The problem affected a cooling system for high-powered magnets designed to steer beams of particles around the Large Hadron Collider's 27-kilometre (16.9-mile) circular tunnel, CERN said.

The LHC "is still in commissioning phase, it's a very complex tool and it's normal for there to be stoppages," a CERN spokeswoman told AFP.

Commissioning work stopped on Wednesday, but was likely to resume later Thursday, she said.

The LHC took nearly 20 years to complete and at six billion Swiss francs (3.76 billion euros, 5.46 billion dollars) is one of the costliest and most complex scientific experiments ever attempted.

It aims to resolve some of the greatest questions surrounding fundamental matter, such as how particles acquire mass and how they were forged in the "Big Bang" that created the Universe some 13.7 billion years ago.

Counter-rotating beams, comprising strings of protons, are whizzed around the tunnel and then are smashed together in four huge laboratories.

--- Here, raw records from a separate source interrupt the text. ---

-- ===== src/Disk/Places.antt =====
-- Where src/storage/disk/disk_manager.rs puts a page: `allocate_new_page` and the offsets in use.
use oxtub.Base.{
  ℕ, ◌+◌, ◌*◌, ◌≤◌, ◌<◌, ◌≡◌, refl, sym, subst, true, false, Option, none, some, List, [], ◌∷◌,
  length, leb, arith, Bool-cases, inl, inr, ok,
}
use oxtub.Base.Assoc.{get, insert, get-insert_self}
use oxtub.Disk.Manager.{
  DiskManager, FileOps, default_page_size, Returns, allocate_fresh, allocate_new_page,
  allocate_from, offset_or_new,
}
use oxtub.Disk.Slots.{SlotsInv, reuse-SlotsInv, fresh-SlotsInv, again-SlotsInv}
use oxtub.Disk.Files.{FileLaws, DiskInv}

module _ {F : Type 0} ⦃file : FileOps F⦄ (laws : FileLaws F file) where
  -- A place for the page: the manager that has it once the page is entered.
  pub record Placed (dm : DiskManager F) (id off : ℕ) (dm' : DiskManager F) : Type 0 where
    pub pages : dm'.pages ≡ dm.pages
    pub slots : SlotsInv dm'.page_capacity (insert id off dm.pages) dm'.free_slots
    pub capacity : 0 < dm'.page_capacity
    pub long : (dm'.page_capacity + 1) * default_page_size ≤ laws.size dm'.db_file_handle
    pub kept :
        (j o : ℕ)
        → get j dm.pages ≡ some o
        → laws.content dm'.db_file_handle o ≡ laws.content dm.db_file_handle o

  fresh_grows :
      (dm : DiskManager F) (g : F)
      → dm.page_capacity ≤ length dm.pages
      → file.set_len dm.db_file_handle ((dm.page_capacity * 2 + 1) * default_page_size) ≡ (true, g)
      → allocate_fresh dm ≡ (
        ok (length dm.pages * default_page_size),
        record dm { page_capacity = dm.page_capacity * 2; db_file_handle = g },
      )
  unfolding allocate_fresh
  fresh_grows dm g h e =
      let full : leb dm.page_capacity (length dm.pages) ≡ true = ground arith in rw e (rw full refl)

  fresh_fits :
      (dm : DiskManager F)
      → length dm.pages < dm.page_capacity
      → allocate_fresh dm ≡ (ok (length dm.pages * default_page_size), dm)
  unfolding allocate_fresh
  fresh_fits dm h =
      let free : leb dm.page_capacity (length dm.pages) ≡ false = ground arith in rw free refl

  place_fresh :
      (dm : DiskManager F) (id : ℕ)
      → DiskInv laws dm
      → dm.free_slots ≡ []
      → get id dm.pages ≡ none
      → (off : ℕ) × (dm' : DiskManager F) × (allocate_fresh dm ≡ (ok off, dm'))
        × Placed dm id off dm'
  place_fresh dm id v empty missing =
      let slots = subst (SlotsInv dm.page_capacity dm.pages) empty v.slots in
      let off = length dm.pages * default_page_size in
      elim (Bool-cases (leb dm.page_capacity (length dm.pages))) [
        | inl h ↦
            let (g, e, size, same) =
              laws.set_len_works dm.db_file_handle
                ((dm.page_capacity * 2 + 1) * default_page_size) in
            (
              off,
              record dm { page_capacity = dm.page_capacity * 2; db_file_handle = g },
              fresh_grows dm g (ground arith) e,
              record {
                pages = refl;
                slots =
                    subst (SlotsInv (dm.page_capacity * 2) (insert id off dm.pages)) (sym empty) (
                      fresh-SlotsInv dm.page_capacity (dm.page_capacity * 2) dm.pages id slots
                        missing (omega (arith, slots.room, v.capacity)));
                capacity = omega (arith, v.capacity);
                long = omega (arith, size);
                kept = λ j o at.
                    let s = slots.paged j o at in
                    same o (omega (arith, s.1, slots.room, v.long))
                      (omega (arith, s.1, slots.room, v.long));
              },
            )
        | inr h ↦ (
          off,
          dm,
          fresh_fits dm (ground arith),
          record {
            pages = refl;
            slots = subst (SlotsInv dm.page_capacity (insert id off dm.pages)) (sym empty) (
                fresh-SlotsInv dm.page_capacity dm.page_capacity dm.pages id slots missing
                  (ground arith));
            capacity = v.capacity;
            long = v.long;
            kept = λ j o at. refl;
          },
        )
      ]

  abbrev pub Placing : DiskManager F → ℕ → Returns F ℕ → Type 0
  Placing dm id r = (off : ℕ) × (dm' : DiskManager F) × (r ≡ (ok off, dm')) × Placed dm id off dm'

  place_new :
      (dm : DiskManager F) (id : ℕ)
      → DiskInv laws dm
      → get id dm.pages ≡ none
      → Placing dm id (allocate_new_page dm)
  unfolding allocate_new_page
  place_new dm id v missing = go dm.free_slots refl
    where
      go : (free : List ℕ) → dm.free_slots ≡ free → Placing dm id (allocate_from free dm)
      go [] e = place_fresh dm id v e missing
      go (off ∷ rest) e = (
        off,
        record dm { free_slots = rest },
        refl,
        record {
          pages = refl;
          slots =
              reuse-SlotsInv dm.page_capacity dm.pages off rest id
                (subst (SlotsInv dm.page_capacity dm.pages) e v.slots) missing;
          capacity = v.capacity;
          long = v.long;
          kept = λ j o at. refl;
        },
      )

  pub place :
      (dm : DiskManager F) (id : ℕ)
      → DiskInv laws dm
      → Placing dm id (offset_or_new (get id dm.pages) dm)
  place dm id v = go (get id dm.pages) refl
    where
      go : (m : Option ℕ) → get id dm.pages ≡ m → Placing dm id (offset_or_new m dm)
      go none e = place_new dm id v e
      go (some off) e = (
        off,
        dm,
        refl,
        record {
          pages = refl;
          slots = again-SlotsInv dm.page_capacity dm.pages off dm.free_slots id v.slots e;
          capacity = v.capacity;
          long = v.long;
          kept = λ j o at. refl;
        },
      )

  -- The page's offset lies in the file.
  pub Placed-inside :
      (dm dm' : DiskManager F) (id off : ℕ)
      → Placed dm id off dm'
      → off + default_page_size ≤ laws.size dm'.db_file_handle
  Placed-inside dm dm' id off p =
      let s = p.slots.paged id off (get-insert_self id off dm.pages) in
      omega (arith, s.0, s.1, p.slots.room, p.long)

Arrays of detectors swathing the walls of these chambers will trace the sub-atomic rubble spewed out from the collision, looking for signatures of novel particles.

The September 10 switch-on saw the testing of a clockwise beam, and then an anticlockwise beam. The first collisions are not expected for a number of weeks, given the long process of testing the LHC's equipment.

The steering magnets in the LHC tunnel are chilled to as low as -271 degrees Celsius (-456.25 degrees Fahrenheit), which is close to absolute zero and colder than deep outer space.

At this extreme temperature, electrical currents overcome resistance, thus making it easier and cheaper to power electro-magnets.